# Pumpkin, Alternative for Potato



## BH51 (Aug 15, 2009)

I tried growing pumpkins for the 1st time...way successfull...
I'd heard they could be cooked like potatoes....mashed, whip't
and maybe fried, I dunno....anybody got in experience on this
subject? not real crazey about pumpkin pie.................._BH51._


----------



## Arky (Aug 15, 2009)

I LOVE candied pumpkin!! And I roast the salt water soaked seeds into a great snack.

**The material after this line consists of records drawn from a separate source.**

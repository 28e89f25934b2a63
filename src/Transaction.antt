-- ===== src/Transaction.antt =====
-- libcfxcore/TransactionBase: a transaction, the bytes that stand for it, its hash, its signature and
-- its sender. Hashing and the curve are parameters: Keccak-256, the recoverable signature of a hash
-- under a secret, and the public key that a signature recovers, of which all bytes are zero if there
-- is none. A `u256` is a number, a hash is its bytes.
pub mod Signing
pub mod Encodes
pub mod Determines
pub mod Signed
use cpp_conflux_sdk.Common.Outcome.{
  Outcome, ok, throw, no_value, secret_is_empty, transaction_is_unsigned, invalid_signature, ◌>>=◌,
}
use cpp_conflux_sdk.Common.{
  ℕ, ◌-◌, ◌^◌, Bool, true, false, not, ◌&&◌, ◌||◌, Option, none, some, [], ◌∷◌, Bytes, length, drop,
  replicate, ltb, leb, ◌==◌, if◌then◌else◌,
}
use cpp_conflux_sdk.CommonData.Endian.{from_big_endian}
use cpp_conflux_sdk.Cfxaddress.Address.{Address}
use cpp_conflux_sdk.Cfxaddress.Address.Methods.{to_eth_common_addr}
use cpp_conflux_sdk.Rlp.Stream.{Stream, empty, append, append_int, append_list, finished}

pub data IncludeSignature : Type 0 where
  without_signature with_signature : IncludeSignature

pub data Kind : Type 0 where
  null_transaction contract_creation message_call : Kind

-- `SignatureStruct`.
pub record Signature : Type 0 where
  pub r : Bytes
  pub s : Bytes
  pub v : ℕ

pub record Crypto : Type 0 where
  pub keccak : Bytes → Bytes
  pub sign_hash : Bytes → Bytes → Signature
  pub recover : Signature → Bytes → Bytes

-- `TransactionBase`.
pub record Transaction : Type 0 where
  pub from : Bytes
  pub storage_limit : ℕ
  pub epoch_height : ℕ
  pub chain_id : ℕ
  pub vrs : Option Signature
  pub nonce : ℕ
  pub value : ℕ
  pub receive_address : Bytes
  pub cfx_receive_address : Address
  pub gas_price : ℕ
  pub gas : ℕ
  pub data_bytes : Bytes
  pub sender_cache : Option Bytes
  pub hash_with : Bytes
  pub kind : Kind
  pub secret : Bytes

abbrev pub invalid256 : ℕ
invalid256 = 2 ^ 256 - 1

-- The constructor of a message call.
pub message_to : Address → ℕ → Bytes → Transaction
message_to dest value secret = record {
  from = replicate 20 0;
  storage_limit = invalid256;
  epoch_height = invalid256;
  chain_id = invalid256;
  vrs = none;
  nonce = invalid256;
  value = value;
  receive_address = to_eth_common_addr dest;
  cfx_receive_address = dest;
  gas_price = invalid256;
  gas = invalid256;
  data_bytes = [];
  sender_cache = none;
  hash_with = replicate 32 0;
  kind = message_call;
  secret = secret;
}

-- The constructor of a contract creation; `address` is the address that is constructed by default.
pub creation_of : Address → Bytes → Bytes → Transaction
creation_of address data' secret = record {
  from = replicate 20 0;
  storage_limit = invalid256;
  epoch_height = invalid256;
  chain_id = invalid256;
  vrs = none;
  nonce = invalid256;
  value = 0;
  receive_address = replicate 20 0;
  cfx_receive_address = address;
  gas_price = invalid256;
  gas = invalid256;
  data_bytes = data';
  sender_cache = none;
  hash_with = replicate 32 0;
  kind = contract_creation;
  secret = secret;
}

-- The setters, which leave every other member as it is.
pub with_receive : Transaction → Address → Transaction
with_receive t addr = record t { cfx_receive_address = addr }

pub with_to : Transaction → Address → Transaction
with_to t addr = record t { cfx_receive_address = addr }

pub with_nonce : Transaction → ℕ → Transaction
with_nonce t value = record t { nonce = value }

pub with_chain_id : Transaction → ℕ → Transaction
with_chain_id t value = record t { chain_id = value }

pub with_gas_price : Transaction → ℕ → Transaction
with_gas_price t value = record t { gas_price = value }

pub with_epoch_height : Transaction → ℕ → Transaction
with_epoch_height t value = record t { epoch_height = value }

pub with_gas : Transaction → ℕ → Transaction
with_gas t value = record t { gas = value }

pub with_storage_limit : Transaction → ℕ → Transaction
with_storage_limit t value = record t { storage_limit = value }

pub with_value : Transaction → ℕ → Transaction
with_value t value = record t { value = value }

pub with_data : Transaction → Bytes → Transaction
with_data t data' = record t { data_bytes = data' }

pub with_secret : Transaction → Bytes → Transaction
with_secret t value = record t { secret = value }

-- What is appended for the receiver.
unfoldable pub receiver_bytes : Transaction → Bytes
receiver_bytes t = elim t.kind [ message_call ↦ t.receive_address | _ ↦ [] ]

-- The block of `streamRLP` that appends the nine fields; empty data is appended as the empty string.
pub stream_fields : Transaction → Stream → Outcome Stream
stream_fields t st = do
  st ← append_list st 9
  st ← append_int st t.nonce
  st ← append_int st t.gas_price
  st ← append_int st t.gas
  st ← append st (receiver_bytes t) false
  st ← append_int st t.value
  st ← append_int st t.storage_limit
  st ← append_int st t.epoch_height
  st ← append_int st t.chain_id
  append st t.data_bytes false

-- Its last block; reading a signature that is not there is a failed assertion.
pub stream_signature : Transaction → Stream → Outcome Stream
stream_signature t st = elim t.vrs [
  | none ↦ throw no_value
  | some sig ↦ do
    st ← append_int st sig.v
    st ← append_int st (from_big_endian 256 sig.r)
    append_int st (from_big_endian 256 sig.s)
]

pub stream_rlp : Transaction → IncludeSignature → Stream → Outcome Stream
stream_rlp t without_signature st = stream_fields t st
stream_rlp t with_signature st = do
  st ← append_list st 4
  st ← stream_fields t st
  stream_signature t st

*                             INGREDIENTS*



                                     1/4 cup unsalted butter
                                     3 cups fresh pumpkin, cut into 1/2-inch cubes
                                     1/3 cup white sugar
                                     1 tablespoon minced fresh ginger
                                     1/2 teaspoon ground cinnamon
                                                                                    DIRECTIONS                                                           

 Melt the butter in a large skillet over medium-low heat. Cook the pumpkin in the butter until tender, about 20 minutes. Add the sugar and stir until dissolved. Stir in the ginger and cinnamon; remove from heat and allow to cool. Transfer to a bowl and cover. Refrigerate at least 2 hours before serving.


----------



## Andy M. (Aug 15, 2009)

BH51 said:


> I tried growing pumpkins for the 1st time...way successfull...
> I'd heard they could be cooked like potatoes....mashed, whip't
> and maybe fried, I dunno....anybody got in experience on this
> subject? not real crazey about pumpkin pie.................._BH51._




Pumpkin, like other winter squashes, can be baked and mashed with butter.  I've never fried them but I have had sweet potato fries...


----------



## Wyogal (Aug 15, 2009)

with sage and garlic...


----------



## Bev Stayart (Aug 17, 2009)

Thanks for the recipe for candied pumpkin.


----------



## bigbuglv (Aug 18, 2009)

pumpkins taste sweet already. So easiest way is to stir fry with garlic and it taste good already


----------



## Thaicooking (Aug 18, 2009)

Right!! I ususlly use pumpkin instead of potato.. Pumpkin taste is much more sweet. I like it!


----------



## MostlyWater (Aug 21, 2009)

it's a squash and really good for you.  i prefer it cold, but try it and see.  a sweet potato or butternut squash could be similar choices.  i don't know how they grow, though.


----------